_Dataset content:_

[Start of section]

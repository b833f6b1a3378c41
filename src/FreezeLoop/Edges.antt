-- ===== src/FreezeLoop/Edges.antt =====
-- The state events of crates/app/src-tauri/src/freeze.rs: exactly the changes of the health.
use openforge_aio.Prelude.{
  ◌≡◌, refl, sym, subst, ap, ◌∙◌, Bool, true, false, Option, none, some, List, [], ◌∷◌, ◌++◌, map,
  if◌then◌else◌, Bool-cases, inl, inr,
}
use openforge_aio.Prelude.Result.{Result, ok, err}
use openforge_aio.Prelude.Text.{codes, text_eq}
use openforge_aio.FreezeLoop.{
  Event, feature_changed, feature_freeze_state, is_ok, changed, freeze_tick, probe_once,
  freeze_task, read_probe_task,
}

-- Each change of a health that was `last` before.
abbrev pub changes : Option Bool → List Bool → List Bool
changes last [] = []
changes last (now ∷ rest) =
    if changed last now then now ∷ changes (some now) rest else changes (some now) rest

-- The last of the healths, or the one before them.
abbrev pub last_of : Option Bool → List Bool → Option Bool
last_of last [] = last
last_of last (b ∷ bs) = last_of (some b) bs

-- Each differs from the one before it.
abbrev pub Alternates : Option Bool → List Bool → Type 0
Alternates last [] = Unit
Alternates last (b ∷ bs) = (changed last b ≡ true) × Alternates (some b) bs

unchanged : (last : Option Bool) (b : Bool) → changed last b ≡ false → last ≡ some b
unchanged none b h = cc h
unchanged (some true) true h = refl
unchanged (some true) false h = cc h
unchanged (some false) true h = cc h
unchanged (some false) false h = refl

last_of-changes :
    (last : Option Bool) (hs : List Bool) → last_of last (changes last hs) ≡ last_of last hs
last_of-changes last [] = refl
last_of-changes last (b ∷ bs) = elim (Bool-cases (changed last b)) [
  | inl on ↦ rw on (last_of-changes (some b) bs)
  | inr off ↦ let same = unchanged last b off in rw (off, same) (last_of-changes (some b) bs)
]

changes-Alternates : (last : Option Bool) (hs : List Bool) → Alternates last (changes last hs)
changes-Alternates last [] = tt
changes-Alternates last (b ∷ bs) = elim (Bool-cases (changed last b)) [
  | inl on ↦ rw on (on, changes-Alternates (some b) bs)
  | inr off ↦
      let same = unchanged last b off in
      rw off (
        subst (λ l. Alternates l (changes (some b) bs)) (sym same) (changes-Alternates (some b) bs))
]

module _ {Value Error : Type 0} where
  -- What the state events say, in their order.
  abbrev pub states : List (Event Value Error) → List Bool
  states [] = []
  states (feature_changed v ∷ events) = states events
  states (feature_freeze_state state hint ∷ events) = text_eq state (codes "active") ∷ states events

  -- What the user interface holds after the events.
  abbrev pub shown : Option Bool → List (Event Value Error) → Option Bool
  shown last [] = last
  shown last (feature_changed v ∷ events) = shown last events
  shown last (feature_freeze_state state hint ∷ events) =
      shown (some (text_eq state (codes "active"))) events

  states-append : (a b : List (Event Value Error)) → states (a ++ b) ≡ states a ++ states b
  states-append [] b = refl
  states-append (feature_changed v ∷ a) b = states-append a b
  states-append (feature_freeze_state state hint ∷ a) b =
      ap (λ xs. text_eq state (codes "active") ∷ xs) (states-append a b)

  shown-states :
      (last : Option Bool) (events : List (Event Value Error))
      → shown last events ≡ last_of last (states events)
  shown-states last [] = refl
  shown-states last (feature_changed v ∷ events) = shown-states last events
  shown-states last (feature_freeze_state state hint ∷ events) =
      shown-states (some (text_eq state (codes "active"))) events

  freeze_tick-states :
      (desired : Value) (last : Option Bool) (result : Result Error (Unit {0})) (rest : List Bool)
      → states (freeze_tick desired last result).0 ++ rest
        ≡ (if changed last (is_ok result) then is_ok result ∷ rest else rest)
  unfolding freeze_tick
  freeze_tick-states desired none (ok u) rest = refl
  freeze_tick-states desired none (err e) rest = refl
  freeze_tick-states desired (some true) (ok u) rest = refl
  freeze_tick-states desired (some true) (err e) rest = refl
  freeze_tick-states desired (some false) (ok u) rest = refl
  freeze_tick-states desired (some false) (err e) rest = refl

  probe_once-states :
      (last : Option Bool) (result : Result Error Value) (rest : List Bool)
      → states (probe_once last result).0 ++ rest
        ≡ (if changed last (is_ok result) then is_ok result ∷ rest else rest)
  unfolding probe_once
  probe_once-states none (ok u) rest = refl
  probe_once-states none (err e) rest = refl
  probe_once-states (some true) (ok u) rest = refl
  probe_once-states (some true) (err e) rest = refl
  probe_once-states (some false) (ok u) rest = refl
  probe_once-states (some false) (err e) rest = refl

  freeze_task-states :
      (desired : Value) (last : Option Bool) (results : List (Result Error (Unit {0})))
      → states (freeze_task desired last results) ≡ changes last (map is_ok results)
  unfolding freeze_task
  freeze_task-states desired last [] = refl
  freeze_task-states desired last (result ∷ results) =
      states-append (freeze_tick desired last result).0
        (freeze_task desired (some (is_ok result)) results)
      ∙ ap (λ rest. states (freeze_tick desired last result).0 ++ rest)
          (freeze_task-states desired (some (is_ok result)) results)
      ∙ freeze_tick-states desired last result (changes (some (is_ok result)) (map is_ok results))

  read_probe_task-states :
      (last : Option Bool) (results : List (Result Error Value))
      → states (read_probe_task last results) ≡ changes last (map is_ok results)
  unfolding read_probe_task
  read_probe_task-states last [] = refl
  read_probe_task-states last (result ∷ results) =
      states-append (probe_once last result).0 (read_probe_task (some (is_ok result)) results)
      ∙ ap (λ rest. states (probe_once last result).0 ++ rest)
          (read_probe_task-states (some (is_ok result)) results)
      ∙ probe_once-states last result (changes (some (is_ok result)) (map is_ok results))

  -- After any ticks of a freeze task the state that its events leave shown is whether the last write
  -- succeeded, and no two state events in a row say the same.
  pub freeze_task-shown :
      (desired : Value) (results : List (Result Error (Unit {0})))
      → (shown none (freeze_task desired none results) ≡ last_of none (map is_ok results))
        × Alternates none (states (freeze_task desired none results))
  freeze_task-shown desired results =
      let e = freeze_task-states desired none results in
      (
        shown-states none (freeze_task desired none results)
            ∙ ap (last_of none) e
            ∙ last_of-changes none (map is_ok results),
        subst (Alternates none) (sym e) (changes-Alternates none (map is_ok results)),
      )

  -- After any rounds of a read probe, which starts from a health that is shown or from none, the
  -- state that is shown is whether the last read succeeded, and the first state event differs from
  -- what was shown, and each later one from the one before.
  pub read_probe_task-shown :
      (last : Option Bool) (results : List (Result Error Value))
      → (shown last (read_probe_task last results) ≡ last_of last (map is_ok results))
        × Alternates last (states (read_probe_task last results))
  read_probe_task-shown last results =
      let e = read_probe_task-states last results in
      (
        shown-states last (read_probe_task last results)
            ∙ ap (last_of last) e
            ∙ last_of-changes last (map is_ok results),
        subst (Alternates last) (sym e) (changes-Alternates last (map is_ok results)),
      )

[End of section]

_Your assignment:_ All that belongs in the answer is the run of lines above from the line containing "desired none results))" through the line containing "last_of-changes last (map", exactly as written.

_Finished exercise:_
        × Alternates none (states (freeze_task desired none results))
  freeze_task-shown desired results =
      let e = freeze_task-states desired none results in
      (
        shown-states none (freeze_task desired none results)
            ∙ ap (last_of none) e
            ∙ last_of-changes none (map is_ok results),
        subst (Alternates none) (sym e) (changes-Alternates none (map is_ok results)),
      )

  -- After any rounds of a read probe, which starts from a health that is shown or from none, the
  -- state that is shown is whether the last read succeeded, and the first state event differs from
  -- what was shown, and each later one from the one before.
  pub read_probe_task-shown :
      (last : Option Bool) (results : List (Result Error Value))
      → (shown last (read_probe_task last results) ≡ last_of last (map is_ok results))
        × Alternates last (states (read_probe_task last results))
  read_probe_task-shown last results =
      let e = read_probe_task-states last results in
      (
        shown-states last (read_probe_task last results)
            ∙ ap (last_of last) e
            ∙ last_of-changes last (map is_ok results),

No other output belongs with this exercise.